* Work instructions *
Once the line containing "rounds (suc index)" is found in the entries below, reproduce it and every line after it, stopping at and including the line containing "bs + 2 + rounds) (length before)"; reproduce nothing else, and keep each line exact.

* Records from a collection *
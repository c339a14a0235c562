-- ===== src/Decode/Line.antt =====
-- The decoder's search finds a line of plain bytes, and reads it.
use vakya.Prelude.{
  ℕ, suc, ◌+◌, ◌-◌, ◌≤◌, ◌≡◌, refl, ap, ◌∙◌, true, false, [], ◌∷◌, ◌++◌, append_assoc, arith, ltb,
  ◌==◌, length, take, length-append, take-append_len, Bytes, ok,
}
use vakya.Chunk.{position, parse_size_line}
use vakya.Chunk.Hex.{IsHexDigit, IsHex}
use vakya.Decode.Scan.{byte_is, after_byte, found, line_scan}
use vakya.Decode.Input.{BodyDecoder, whole, charge_extensions, line_at, parse_chunk_line}
use vakya.Decode.Reach.{crlf}

byte_is-append :
    (byte c : ℕ) (before behind : Bytes)
    → byte_is byte (before ++ (c ∷ behind)) (length before) ≡ (c == byte)
unfolding byte_is
byte_is-append byte c [] behind = refl
byte_is-append byte c (b ∷ bs) behind = byte_is-append byte c bs behind

byte_is-next :
    (byte c d : ℕ) (before behind : Bytes)
    → byte_is byte (before ++ (c ∷ d ∷ behind)) (suc (length before)) ≡ (d == byte)
unfolding byte_is
byte_is-next byte c d [] behind = refl
byte_is-next byte c d (b ∷ bs) behind = byte_is-next byte c d bs behind

after_byte-append :
    (byte c : ℕ) (before behind : Bytes)
    → after_byte byte (before ++ (c ∷ behind)) (suc (length before)) ≡ (c == byte)
unfolding after_byte
after_byte-append byte c before behind = byte_is-append byte c before behind

line_scan-step :
    (input : Bytes) (rounds index : ℕ)
    → byte_is b'\n' input index ≡ false
    → after_byte b'\r' input index ≡ false
    → line_scan input (suc rounds) index ≡ line_scan input rounds (suc index)
unfolding line_scan
line_scan-step input rounds index feed return = rw (line_scan, feed, return) refl

line_scan-found :
    (input : Bytes) (rounds index : ℕ)
    → byte_is b'\n' input index ≡ true
    → after_byte b'\r' input index ≡ true
    → line_scan input (suc rounds) index ≡ found index
unfolding line_scan
line_scan-found input rounds index feed return = rw (line_scan, feed, return) refl

hex_byte :
    (b : ℕ) → IsHexDigit b → ((b == b'\r') ≡ false) × ((b == b'\n') ≡ false) × ((b == b';') ≡ false)
hex_byte b h = (ground arith, ground arith, ground arith)

-- From the end of `before` on, over a line of digits.
scan_digits :
    (line before rest : Bytes) (rounds : ℕ)
    → IsHex line
    → after_byte b'\r' (before ++ (line ++ (crlf ++ rest))) (length before) ≡ false
    → line_scan (before ++ (line ++ (crlf ++ rest))) (length line + 2 + rounds) (length before)
      ≡ found (length before + length line + 1)
scan_digits [] before rest rounds hex_line return =
    let input = before ++ (crlf ++ rest) in
    ap (λ k. line_scan input k (length before)) {x = 2 + rounds} {y = suc (suc rounds)}
      (omega arith)
    ∙ line_scan-step input (suc rounds) (length before)
        (byte_is-append b'\n' b'\r' before (b'\n' ∷ rest)) return
    ∙ line_scan-found input rounds (suc (length before))
        (byte_is-next b'\n' b'\r' b'\n' before rest)
        (after_byte-append b'\r' b'\r' before (b'\n' ∷ rest))
    ∙ ap found (omega arith)
scan_digits (b ∷ bs) before rest rounds (first, others) return =
    let input = before ++ (b ∷ (bs ++ (crlf ++ rest))) in
    let (no_return, no_feed, _) = hex_byte b first in
    let same = append_assoc before (b ∷ []) (bs ++ (crlf ++ rest)) in
    let grown : length (before ++ (b ∷ [])) ≡ suc (length before) =
      omega (arith, length-append before (b ∷ [])) in
    let behind = after_byte-append b'\r' b before (bs ++ (crlf ++ rest)) ∙ no_return in
    let later =
      rw (same, grown) at
        (scan_digits bs (before ++ (b ∷ [])) rest rounds others (rw (same, grown) behind)) in
    ap (λ k. line_scan input k (length before)) {y = suc (length bs + 2 + rounds)} (omega arith)
    ∙ line_scan-step input (length bs + 2 + rounds) (length before)
        (byte_is-append b'\n' b before (bs ++ (crlf ++ rest)) ∙ no_feed) return
    ∙ later
    ∙ ap found (omega arith)

no_extension : (line : Bytes) → IsHex line → position b';' line ≡ length line
unfolding position
no_extension [] hex_line = refl
no_extension (b ∷ bs) (first, others) =
    let (_, _, no_semicolon) = hex_byte b first in rw no_semicolon (ap suc (no_extension bs others))

uncharged : (d : BodyDecoder) (line : Bytes) → IsHex line → charge_extensions d line ≡ ok d
unfolding charge_extensions
uncharged d line hex_line =
    let all_of_it : (position b';' line == length line) ≡ true =
      ground (arith, no_extension line hex_line) in
    rw all_of_it refl

line_at-whole :
    (d : BodyDecoder) (line rest : Bytes) (size : ℕ)
    → IsHex line
    → parse_size_line line ≡ ok size
    → length line + 2 ≤ d.limits.max_chunk_line_bytes
    → line_at d (line ++ (crlf ++ rest)) (length line + 1) ≡ ok (whole size (length line + 2) d)
unfolding line_at
line_at-whole d line rest size hex_line parsed fits =
    let text : take (length line + 1 - 1) (line ++ (crlf ++ rest)) ≡ line =
      take-append_len (length line + 1 - 1) line (crlf ++ rest) (omega arith) in
    let short : ltb d.limits.max_chunk_line_bytes (length line + 1 + 1) ≡ false = ground arith in
    rw (short, text, parsed, uncharged d line hex_line)
      (ap (λ n. ok (whole size n d)) (omega arith))

-- A size line of digits in front of anything is read as a whole.
pub parse_chunk_line-digits :
    (d : BodyDecoder) (line rest : Bytes) (size : ℕ)
    → IsHex line
    → parse_size_line line ≡ ok size
    → length line + 2 ≤ d.limits.max_chunk_line_bytes
    → parse_chunk_line d (line ++ (crlf ++ rest)) 0 ≡ ok (whole size (length line + 2) d)
unfolding parse_chunk_line after_byte
parse_chunk_line-digits d line rest size hex_line parsed fits =
    let input = line ++ (crlf ++ rest) in
    let start : ltb (length input) 0 ≡ false = ground arith in
    let at : line_scan input (length input - 0) 0 ≡ found (length line + 1) =
      ap (λ k. line_scan input k 0) {y = length line + 2 + length rest}
        (omega (arith, length-append line (crlf ++ rest)))
      ∙ scan_digits line [] rest (length rest) hex_line refl
      ∙ ap found (omega arith) in
    rw (parse_chunk_line, start, at) (line_at-whole d line rest size hex_line parsed fits)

* Answer to this exercise *
    → line_scan input (suc rounds) index ≡ line_scan input rounds (suc index)
unfolding line_scan
line_scan-step input rounds index feed return = rw (line_scan, feed, return) refl

line_scan-found :
    (input : Bytes) (rounds index : ℕ)
    → byte_is b'\n' input index ≡ true
    → after_byte b'\r' input index ≡ true
    → line_scan input (suc rounds) index ≡ found index
unfolding line_scan
line_scan-found input rounds index feed return = rw (line_scan, feed, return) refl

hex_byte :
    (b : ℕ) → IsHexDigit b → ((b == b'\r') ≡ false) × ((b == b'\n') ≡ false) × ((b == b';') ≡ false)
hex_byte b h = (ground arith, ground arith, ground arith)

-- From the end of `before` on, over a line of digits.
scan_digits :
    (line before rest : Bytes) (rounds : ℕ)
    → IsHex line
    → after_byte b'\r' (before ++ (line ++ (crlf ++ rest))) (length before) ≡ false
    → line_scan (before ++ (line ++ (crlf ++ rest))) (length line + 2 + rounds) (length before)
      ≡ found (length before + length line + 1)
scan_digits [] before rest rounds hex_line return =
    let input = before ++ (crlf ++ rest) in
    ap (λ k. line_scan input k (length before)) {x = 2 + rounds} {y = suc (suc rounds)}
      (omega arith)
    ∙ line_scan-step input (suc rounds) (length before)
        (byte_is-append b'\n' b'\r' before (b'\n' ∷ rest)) return
    ∙ line_scan-found input rounds (suc (length before))
        (byte_is-next b'\n' b'\r' b'\n' before rest)
        (after_byte-append b'\r' b'\r' before (b'\n' ∷ rest))
    ∙ ap found (omega arith)
scan_digits (b ∷ bs) before rest rounds (first, others) return =
    let input = before ++ (b ∷ (bs ++ (crlf ++ rest))) in
    let (no_return, no_feed, _) = hex_byte b first in
    let same = append_assoc before (b ∷ []) (bs ++ (crlf ++ rest)) in
    let grown : length (before ++ (b ∷ [])) ≡ suc (length before) =
      omega (arith, length-append before (b ∷ [])) in
    let behind = after_byte-append b'\r' b before (bs ++ (crlf ++ rest)) ∙ no_return in
    let later =
      rw (same, grown) at
        (scan_digits bs (before ++ (b ∷ [])) rest rounds others (rw (same, grown) behind)) in
    ap (λ k. line_scan input k (length before)) {y = suc (length bs + 2 + rounds)} (omega arith)
    ∙ line_scan-step input (length bs + 2 + rounds) (length before)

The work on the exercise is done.